The Crown dismissed many of the more extravagant pre-treaty land claims by settlers, and radically reduced the area of land sold under other claims. However, another feature of the 1841 ordinance was that it allowed the Crown to keep the difference between land claimed and land awarded to European buyers.
Willoughby Shortland, the colonial secretary, argued that this policy did not conflict with the Treaty of Waitangi. He was among a number of settlers who asserted that Māori rights to land guaranteed by the Treaty only extended to land that was obviously used by them for housing or cultivation.
Native Land Purchase Ordinance 1846
From 1840 the European demand for land increased dramatically as settler numbers swelled. Under Article Two of the Treaty of Waitangi, only the Crown could buy land from Māori.
Governor Robert FitzRoy relaxed this rule in 1844, allowing direct purchases by settlers. However, under the Native Land Purchase Ordinance 1846 Governor George Grey stopped such direct sales and Native Land Purchase Commission agents, working for the Crown, purchased as much Māori land as possible. The strategies they employed to convince the sellers were often dubious, and included:
- targeting the weaker members of tribes
- forcing sales under threat of military action
- purchasing from individuals rather than the groups who owned land rights collectively
- purchasing from non-owners
- promising reserves for Māori on tracts of land that they sold, then not providing them, or providing rerserves that were smaller than promised or were on unsuitable land.
Fingers in many pies
Thomas Russell was a founder of the Bank of New Zealand. Frederick Whitaker was the bank’s solicitor. Both men were also ministers in the colonial government when their bank arranged a £3 million loan from Britain to finance the New Zealand wars and the development of confiscated Māori lands. The New Zealander newspaper reported that ‘Mr Whitaker the bank solicitor advised the bank to consult with Mr Whitaker the Premier, who very civilly referred Mr Whitaker the bank solicitor to Mr Whitaker the Attorney-General, and Mr Whitaker the Attorney-General gave Mr Whitaker [the post of] the Acting Minister of War during the absence of Mr Russell of the firm of Whitaker and Russell.’

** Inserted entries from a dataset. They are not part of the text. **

-- ===== src/Handler.antt =====
-- The phase handlers of src/ngx_http_monitoring_module.c: `ngx_http_monitoring_content_handler`,
-- `ngx_http_monitoring_authorize` and `ngx_http_monitoring_log_handler`, with the location's
-- configuration (`ngx_http_monitoring_loc_conf_t`, src/ngx_http_monitoring.h).
pub mod Dispatch
pub mod Refusal
pub mod Logging
use ngx_http_monitoring_modu.Prelude.{
  ℕ, ◌+◌, Bool, true, false, not, ◌&&◌, ◌||◌, List, Option, none, some, bit_or, codes, ◌==◌,
  if◌then◌else◌,
}
use ngx_http_monitoring_modu.Metrics.Methods.{meets}
use ngx_http_monitoring_modu.State.{ShCtx}
use ngx_http_monitoring_modu.Http.{Request, Process, MainConf, Nginx, Rc, rc_ok, rc_declined}
use ngx_http_monitoring_modu.Endpoint.{
  Endpoint, ep_none, dashboard, live, prometheus, health, api_full, api_system, api_nginx,
  api_network, api_disk, api_processes, api_upstreams, api_connections, api_requests,
  match_endpoint,
}
use ngx_http_monitoring_modu.Access.{AccessRule, match_access}
use ngx_http_monitoring_modu.Auth.{is_ok, check_api_token, check_basic_auth}
use ngx_http_monitoring_modu.RateLimit.{check_rate_limit}
use ngx_http_monitoring_modu.Account.{account_request}
use ngx_http_monitoring_modu.Exchange.{
  Exchange, allocates, push_header, plain_response, add_cors, preflight, method_not_allowed,
  not_found, internal_error,
}

-- `ngx_http_monitoring_loc_conf_t` after the merge.
pub record LocConf : Type 0 where
  pub enabled : Bool
  pub dashboard : Bool
  pub api : Bool
  pub sse : Bool
  pub api_token : List ℕ
  pub basic_auth : List ℕ
  pub cors : List ℕ
  pub rate_limit : ℕ
  pub access_rules : List AccessRule

abbrev pub is_none : Endpoint → Bool
is_none ep_none = true
is_none _ = false

abbrev pub is_dashboard : Endpoint → Bool
is_dashboard dashboard = true
is_dashboard _ = false

abbrev pub is_live : Endpoint → Bool
is_live live = true
is_live _ = false

-- Between EP_API_FULL and EP_API_REQUESTS in the enumeration.
abbrev pub is_api : Endpoint → Bool
is_api ep_none = false
is_api dashboard = false
is_api live = false
is_api prometheus = false
is_api health = false
is_api _ = true

abbrev pub is_rc_ok : Rc → Bool
is_rc_ok rc_ok = true
is_rc_ok _ = false

-- The functions that write the responses of the endpoints.
pub record Senders (Double : Type 0) : Type 0 where
  pub send_dashboard : Request → Exchange Double → Rc × Exchange Double
  pub send_sse : Request → Exchange Double → Rc × Exchange Double
  pub send_prometheus : Request → Exchange Double → Rc × Exchange Double
  pub send_health : Request → Exchange Double → Rc × Exchange Double
  pub send_json : Endpoint → Request → Exchange Double → Rc × Exchange Double

module _ {Double : Type 0} (ngx : Nginx) (p : Process) (conf : Option MainConf) where
  -- The answer to missing or wrong basic credentials.
  unfoldable pub refuse_basic : Request → Exchange Double → Rc × Exchange Double
  unfolding push_header plain_response
  refuse_basic r x =
      let (pushed, x1) =
        push_header ngx (codes "WWW-Authenticate") (codes "Basic realm=\"nginx monitoring\"") x in
      if pushed then plain_response ngx r 401 (codes "unauthorized\n") x1 else (internal_error, x1)

  -- The last check, which counts the request.
  unfoldable pub limit_rate : LocConf → Request → Exchange Double → Rc × Exchange Double
  unfolding check_rate_limit plain_response
  limit_rate loc r x =
      let (v, zone) = check_rate_limit p.sec loc.rate_limit conf x.zone in
      let counted = record x { zone = zone } in
      if is_ok v
      then (rc_ok, counted)
      else plain_response ngx r 429 (codes "rate limited\n") counted

  -- `authorize`: the access rules, basic auth, the token (not for the dashboard), the rate limit.
  unfoldable pub authorize : LocConf → Endpoint → Request → Exchange Double → Rc × Exchange Double
  unfolding match_access check_basic_auth check_api_token refuse_basic limit_rate plain_response
  authorize loc endpoint r x =
      let passed = record x { allocations = x.allocations + 1 } in
      if not (is_ok (match_access loc.access_rules r.sockaddr))
      then plain_response ngx r 403 (codes "forbidden\n") x
      else if not (is_ok (check_basic_auth ngx (allocates ngx x) loc.basic_auth r))
      then refuse_basic r passed
      else if not (is_dashboard endpoint) && not (is_ok (check_api_token ngx loc.api_token r))
      then plain_response ngx r 401 (codes "unauthorized\n") passed
      else limit_rate loc r passed

  -- The `switch` at the end of the content handler.
  unfoldable pub dispatch :
      Senders Double → Endpoint → Request → Exchange Double → Rc × Exchange Double
  dispatch s dashboard r x = s.send_dashboard r x
  dispatch s live r x = s.send_sse r x
  dispatch s prometheus r x = s.send_prometheus r x
  dispatch s health r x = s.send_health r x
  dispatch s endpoint r x = s.send_json endpoint r x

  -- What stands behind the tests on the location's switches.
  unfoldable pub serve :
      Senders Double → LocConf → Endpoint → Request → Exchange Double → Rc × Exchange Double
  unfolding authorize dispatch add_cors
  serve s loc endpoint r x =
      let (rc, x1) = authorize loc endpoint r x in
      if is_rc_ok rc then dispatch s endpoint r (add_cors ngx loc.cors x1) else (rc, x1)

  -- The tests of the content handler, once the endpoint is known.
  unfoldable pub handle :
      Senders Double → LocConf → Endpoint → Request → Exchange Double → Rc × Exchange Double
  unfolding preflight serve
  handle s loc endpoint r x =
      if is_none endpoint || not loc.enabled
      then (rc_declined, x)
      else if r.method == ngx.bits.options
      then preflight ngx loc.cors x
      else if not (meets r.method (bit_or ngx.bits.get ngx.bits.head))
      then (method_not_allowed, x)
      else if is_dashboard endpoint && not loc.dashboard
      then (not_found, x)
      else if is_api endpoint && not loc.api
      then (not_found, x)
      else if is_live endpoint && not loc.sse
      then (not_found, x)
      else serve s loc endpoint r x

  unfoldable pub content_handler :
      Senders Double → Option LocConf → Request → Exchange Double → Rc × Exchange Double
  unfolding match_endpoint handle
  content_handler s none r x = (rc_declined, x)
  content_handler s (some loc) r x = handle s loc (match_endpoint r.uri) r x

  -- The log phase accounts every request that is not for a monitoring endpoint.
  unfoldable pub log_handler : Request → Option (ShCtx Double) → Rc × Option (ShCtx Double)
  unfolding match_endpoint account_request
  log_handler r zone = elim conf [
    | none ↦ (rc_ok, zone)
    | some c ↦
        if not c.access_log || not (is_none (match_endpoint r.uri))
        then (rc_ok, zone)
        else (rc_ok, account_request ngx.crc32 ngx.bits p (some c) r zone)
  ]
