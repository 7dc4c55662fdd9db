-- ===== src/Config.antt =====
-- The configuration: `ngx_http_monitoring_create_main_conf`, `ngx_http_monitoring_init_main_conf`,
-- `ngx_http_monitoring_create_loc_conf`, `ngx_http_monitoring_merge_loc_conf` and
-- `ngx_http_monitoring_access_rule` (src/ngx_http_monitoring_module.c). A value that is not set is
-- `none`.
pub mod Limits
pub mod Merge
use ngx_http_monitoring_modu.Prelude.{
  ℕ, ◌*◌, Bool, true, false, ◌&&◌, ◌||◌, List, [], ◌∷◌, ◌++◌, Option, none, some, length, codes,
  strncmp_eq, ltb, ◌==◌, if◌then◌else◌,
}
use ngx_http_monitoring_modu.State.{top_urls_max}
use ngx_http_monitoring_modu.Http.{MainConf, unspec}
use ngx_http_monitoring_modu.Access.{Cidr, AccessRule}
use ngx_http_monitoring_modu.Handler.{LocConf}

-- NGX_HTTP_MONITORING_MIN_INTERVAL.
abbrev pub min_interval : ℕ
min_interval = 100

-- NGX_HTTP_MONITORING_DEFAULT_SHM_SIZE.
abbrev pub default_shm_size : ℕ
default_shm_size = 8 * 1024 * 1024

-- The directives of the main configuration.
pub record MainSettings : Type 0 where
  pub refresh_interval : Option ℕ
  pub history : Option ℕ
  pub resolution : Option ℕ
  pub shm_size : Option ℕ
  pub max_top_urls : Option ℕ
  pub collect_system : Option Bool
  pub collect_nginx : Option Bool
  pub collect_network : Option Bool
  pub access_log : Option Bool

unfoldable pub create_main_conf : MainSettings
create_main_conf = record {
  refresh_interval = none;
  history = none;
  resolution = none;
  shm_size = none;
  max_top_urls = none;
  collect_system = none;
  collect_nginx = none;
  collect_network = none;
  access_log = none;
}

-- `ngx_conf_init_value` and its kin.
abbrev pub or_default : {A : Type 0} → Option A → A → A
or_default none d = d
or_default (some v) d = v

-- The values before they are checked; the zone is attached later.
unfoldable pub with_defaults : MainSettings → MainConf
with_defaults s = record {
  refresh_interval = or_default s.refresh_interval 1000;
  history = or_default s.history 300000;
  resolution = or_default s.resolution 1000;
  shm_size = or_default s.shm_size default_shm_size;
  max_top_urls = or_default s.max_top_urls 100;
  collect_system = or_default s.collect_system true;
  collect_nginx = or_default s.collect_nginx true;
  collect_network = or_default s.collect_network true;
  access_log = or_default s.access_log true;
  shpool = false;
}

-- The checks at the end of `init_main_conf`. No value is NGX_CONF_ERROR.
unfoldable pub check_limits : MainConf → Option MainConf
check_limits c =
    if ltb c.refresh_interval min_interval
    then none
    else if ltb c.resolution min_interval
    then none
    else if c.max_top_urls == 0 || ltb top_urls_max c.max_top_urls
    then none
    else some c

unfoldable pub init_main_conf : MainSettings → Option MainConf
unfolding with_defaults check_limits
init_main_conf s = check_limits (with_defaults s)

-- The directives of a location, server or http block.
pub record LocSettings : Type 0 where
  pub enabled : Option Bool
  pub dashboard : Option Bool
  pub api : Option Bool
  pub sse : Option Bool
  pub api_token : Option (List ℕ)
  pub basic_auth : Option (List ℕ)
  pub cors : Option (List ℕ)
  pub rate_limit : Option ℕ
  pub access_rules : Option (List AccessRule)

unfoldable pub create_loc_conf : LocSettings
create_loc_conf = record {
  enabled = none;
  dashboard = none;
  api = none;
  sse = none;
  api_token = none;
  basic_auth = none;
  cors = none;
  rate_limit = none;
  access_rules = none;
}

-- `ngx_conf_merge_value` and its kin: the child's value, else the parent's, else the default.
abbrev pub merge : {A : Type 0} → Option A → Option A → A → Option A
merge (some v) prev d = some v
merge none (some v) d = some v
merge none none d = some d

-- The rules of the parent apply where the child has no rule of its own.
abbrev pub or_inherit : {A : Type 0} → Option A → Option A → Option A
or_inherit (some v) prev = some v
or_inherit none prev = prev

unfoldable pub merge_loc_conf : LocSettings → LocSettings → LocSettings
merge_loc_conf prev conf = record {
  enabled = merge conf.enabled prev.enabled false;
  dashboard = merge conf.dashboard prev.dashboard true;
  api = merge conf.api prev.api true;
  sse = merge conf.sse prev.sse true;
  rate_limit = merge conf.rate_limit prev.rate_limit 60;
  api_token = merge conf.api_token prev.api_token [];
  basic_auth = merge conf.basic_auth prev.basic_auth [];
  cors = merge conf.cors prev.cors [];
  access_rules = or_inherit conf.access_rules prev.access_rules;
}

-- What the handlers read of merged settings.
unfoldable pub merged : LocSettings → LocConf
merged s = record {
  enabled = or_default s.enabled false;
  dashboard = or_default s.dashboard false;
  api = or_default s.api false;
  sse = or_default s.sse false;
  api_token = or_default s.api_token [];
  basic_auth = or_default s.basic_auth [];
  cors = or_default s.cors [];
  rate_limit = or_default s.rate_limit 0;
  access_rules = or_default s.access_rules [];
}

-- `ngx_ptocidr`: no value is NGX_ERROR; NGX_DONE, which is only logged, gives a value too.
module _ (ptocidr : List ℕ → Option Cidr) where
  -- The network of a directive's argument.
  abbrev pub network_of : List ℕ → Option Cidr
  network_of value =
      if length value == 3 && strncmp_eq value (codes "all") 3
      then some (record { family = unspec; addr = 0; mask = 0; addr6 = []; mask6 = [] })
      else ptocidr value

  -- `monitor_allow` and `monitor_deny`, told apart by the length of the name. No value is
  -- NGX_CONF_ERROR; that the array cannot be created or grown is not modelled.
  unfoldable pub access_rule : List ℕ → List ℕ → LocSettings → Option LocSettings
  access_rule name value s = elim (network_of value) [
    | none ↦ none
    | some c ↦ some (record s {
      access_rules = some (
          or_default s.access_rules []
          ++ record { deny = length name == length (codes "monitor_deny"); cidr = c } ∷ []);
    })
  ]
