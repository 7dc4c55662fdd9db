-- ===== src/Config/Limits.antt =====
-- Which main configurations are accepted (`ngx_http_monitoring_init_main_conf`,
-- src/ngx_http_monitoring_module.c).
use ngx_http_monitoring_modu.Prelude.{
  ℕ, true, false, ◌≤◌, ◌≡◌, ◌⊎◌, arith, none, some, inl, inr, refl, Bool-cases, ltb, ◌||◌, ◌==◌,
}
use ngx_http_monitoring_modu.State.{top_urls_max}
use ngx_http_monitoring_modu.Http.{MainConf}
use ngx_http_monitoring_modu.Config.{
  MainSettings, min_interval, with_defaults, check_limits, init_main_conf,
}

-- Both intervals are long enough, and the table of URLs has between 1 and 256 entries.
pub record IsWithinLimits (c : MainConf) : Type 0 where
  pub refresh_interval : min_interval ≤ c.refresh_interval
  pub resolution : min_interval ≤ c.resolution
  pub max_top_urls_pos : 1 ≤ c.max_top_urls
  pub max_top_urls_le : c.max_top_urls ≤ top_urls_max

too_short : (n m : ℕ) → ltb n m ≡ true → ¬ (m ≤ n)
too_short n m h = ground arith

long_enough : (n m : ℕ) → ltb n m ≡ false → m ≤ n
long_enough n m h = ground arith

out_of_range : (n m : ℕ) → (n == 0 || ltb m n) ≡ true → ¬ ((1 ≤ n) × (n ≤ m))
out_of_range n m h = ground arith

in_range : (n m : ℕ) → (n == 0 || ltb m n) ≡ false → (1 ≤ n) × (n ≤ m)
in_range n m h = ground arith

check_limits-IsWithinLimits :
    (c : MainConf)
    → ((check_limits c ≡ some c) × IsWithinLimits c)
      ⊎ ((check_limits c ≡ none) × (¬ IsWithinLimits c))
unfolding check_limits
check_limits-IsWithinLimits c = elim (Bool-cases (ltb c.refresh_interval min_interval)) [
  | inl a ↦ inr (rw a refl, λ v. too_short c.refresh_interval min_interval a v.refresh_interval)
  | inr a ↦ elim (Bool-cases (ltb c.resolution min_interval)) [
    | inl b ↦ inr (rw (a, b) refl, λ v. too_short c.resolution min_interval b v.resolution)
    | inr b ↦ elim (Bool-cases (c.max_top_urls == 0 || ltb top_urls_max c.max_top_urls)) [
      | inl d ↦ inr (
        rw (a, b, d) refl,
        λ v. out_of_range c.max_top_urls top_urls_max d (v.max_top_urls_pos, v.max_top_urls_le),
      )
      | inr d ↦ inl (
        rw (a, b, d) refl,
        record {
          refresh_interval = long_enough c.refresh_interval min_interval a;
          resolution = long_enough c.resolution min_interval b;
          max_top_urls_pos = (in_range c.max_top_urls top_urls_max d).0;
          max_top_urls_le = (in_range c.max_top_urls top_urls_max d).1;
        },
      )
    ]
  ]
]

-- The settings with the defaults filled in are accepted as they are if they are within the limits,
-- and refused if they are not.
pub init_main_conf-IsWithinLimits :
    (s : MainSettings)
    → ((init_main_conf s ≡ some (with_defaults s)) × IsWithinLimits (with_defaults s))
      ⊎ ((init_main_conf s ≡ none) × (¬ IsWithinLimits (with_defaults s)))
unfolding init_main_conf
init_main_conf-IsWithinLimits s = check_limits-IsWithinLimits (with_defaults s)
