-- ===== src/Config/Merge.antt =====
-- What a location inherits (`ngx_http_monitoring_merge_loc_conf`,
-- src/ngx_http_monitoring_module.c). nginx merges the settings of http into those of the server,
-- and the result into those of the location.
use ngx_http_monitoring_modu.Prelude.{◌≡◌, refl, true, false, List, [], ◌∷◌, Option, none, some}
use ngx_http_monitoring_modu.Handler.{LocConf}
use ngx_http_monitoring_modu.Config.{
  LocSettings, or_default, merge, or_inherit, merge_loc_conf, merged,
}

-- The first value that is set.
abbrev pub nearest : {A : Type 0} → List (Option A) → A → A
nearest [] d = d
nearest (some v ∷ rest) d = v
nearest (none ∷ rest) d = nearest rest d

merge-nearest :
    {A : Type 0} (http server loc : Option A) (d e : A)
    → or_default (merge loc (merge server http d) d) e ≡ nearest (loc ∷ server ∷ http ∷ []) d
merge-nearest http server (some v) d e = refl
merge-nearest http (some v) none d e = refl
merge-nearest (some v) none none d e = refl
merge-nearest none none none d e = refl

or_inherit-nearest :
    {A : Type 0} (http server loc : Option A) (d : A)
    → or_default (or_inherit loc (or_inherit server http)) d ≡ nearest (loc ∷ server ∷ http ∷ []) d
or_inherit-nearest http server (some v) d = refl
or_inherit-nearest http (some v) none d = refl
or_inherit-nearest (some v) none none d = refl
or_inherit-nearest none none none d = refl

-- The configuration of a location in a server.
abbrev pub effective : LocSettings → LocSettings → LocSettings → LocConf
effective http server loc = merged (merge_loc_conf (merge_loc_conf http server) loc)

-- Every value of `c` is the one of the innermost block that sets it, and else its default.
pub record AreNearest (http server loc : LocSettings) (c : LocConf) : Type 0 where
  pub enabled : c.enabled ≡ nearest (loc.enabled ∷ server.enabled ∷ http.enabled ∷ []) false
  pub dashboard :
      c.dashboard ≡ nearest (loc.dashboard ∷ server.dashboard ∷ http.dashboard ∷ []) true
  pub api : c.api ≡ nearest (loc.api ∷ server.api ∷ http.api ∷ []) true
  pub sse : c.sse ≡ nearest (loc.sse ∷ server.sse ∷ http.sse ∷ []) true
  pub api_token : c.api_token ≡ nearest (loc.api_token ∷ server.api_token ∷ http.api_token ∷ []) []
  pub basic_auth :
      c.basic_auth ≡ nearest (loc.basic_auth ∷ server.basic_auth ∷ http.basic_auth ∷ []) []
  pub cors : c.cors ≡ nearest (loc.cors ∷ server.cors ∷ http.cors ∷ []) []
  pub rate_limit :
      c.rate_limit ≡ nearest (loc.rate_limit ∷ server.rate_limit ∷ http.rate_limit ∷ []) 60
  pub access_rules :
      c.access_rules ≡ nearest (loc.access_rules ∷ server.access_rules ∷ http.access_rules ∷ []) []

-- Every value that a location uses is the one of the innermost block that sets it, of location,
-- server and http, and else its default: monitoring is off; the dashboard, the API and the event
-- stream are on; there is no token, no basic auth, no CORS header and no access rule; and the limit
-- is 60 requests a second.
pub effective-AreNearest :
    (http server loc : LocSettings) → AreNearest http server loc (effective http server loc)
unfolding merge_loc_conf merged
effective-AreNearest http server loc = record {
  enabled = merge-nearest http.enabled server.enabled loc.enabled false false;
  dashboard = merge-nearest http.dashboard server.dashboard loc.dashboard true false;
  api = merge-nearest http.api server.api loc.api true false;
  sse = merge-nearest http.sse server.sse loc.sse true false;
  api_token = merge-nearest http.api_token server.api_token loc.api_token [] [];
  basic_auth = merge-nearest http.basic_auth server.basic_auth loc.basic_auth [] [];
  cors = merge-nearest http.cors server.cors loc.cors [] [];
  rate_limit = merge-nearest http.rate_limit server.rate_limit loc.rate_limit 60 0;
  access_rules = or_inherit-nearest http.access_rules server.access_rules loc.access_rules [];
}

New Zealand Settlements Act 1863
Under the New Zealand Settlements Act 1863 the land of any tribe ‘engaged in rebellion’ against the government could be confiscated.
Altogether 1.3 million hectares of Māori land was confiscated, often on an inconsistent basis. The middle and lower Waikato Kingitanga tribes lost nearly all their land while Ngāti Maniapoto, who had been active combatants during the Taranaki and the Waikato wars, lost very little. The difference was because the fertile Waikato lands were better suited for European settlement.
The compensation courts
Māori who claimed their land had been unfairly confiscated could take their case within six months to a compensation court. Sometimes, by the time the court found in favour of the Māori claimants, their confiscated land had been sold. The court might then award barren or marginal land in compensation. Other wrongfully confiscated land was returned to people who were not its former owners.
In total, about 530,000 hectares of confiscated land was returned by the compensation court. It was returned under individual title, which broke down tribal solidarity over later land sales. ‘Gunpoint’ sales also took place when armed settlers forced Māori to sell their individual titles. One Matamata settler obtained 20,000 hectares this way.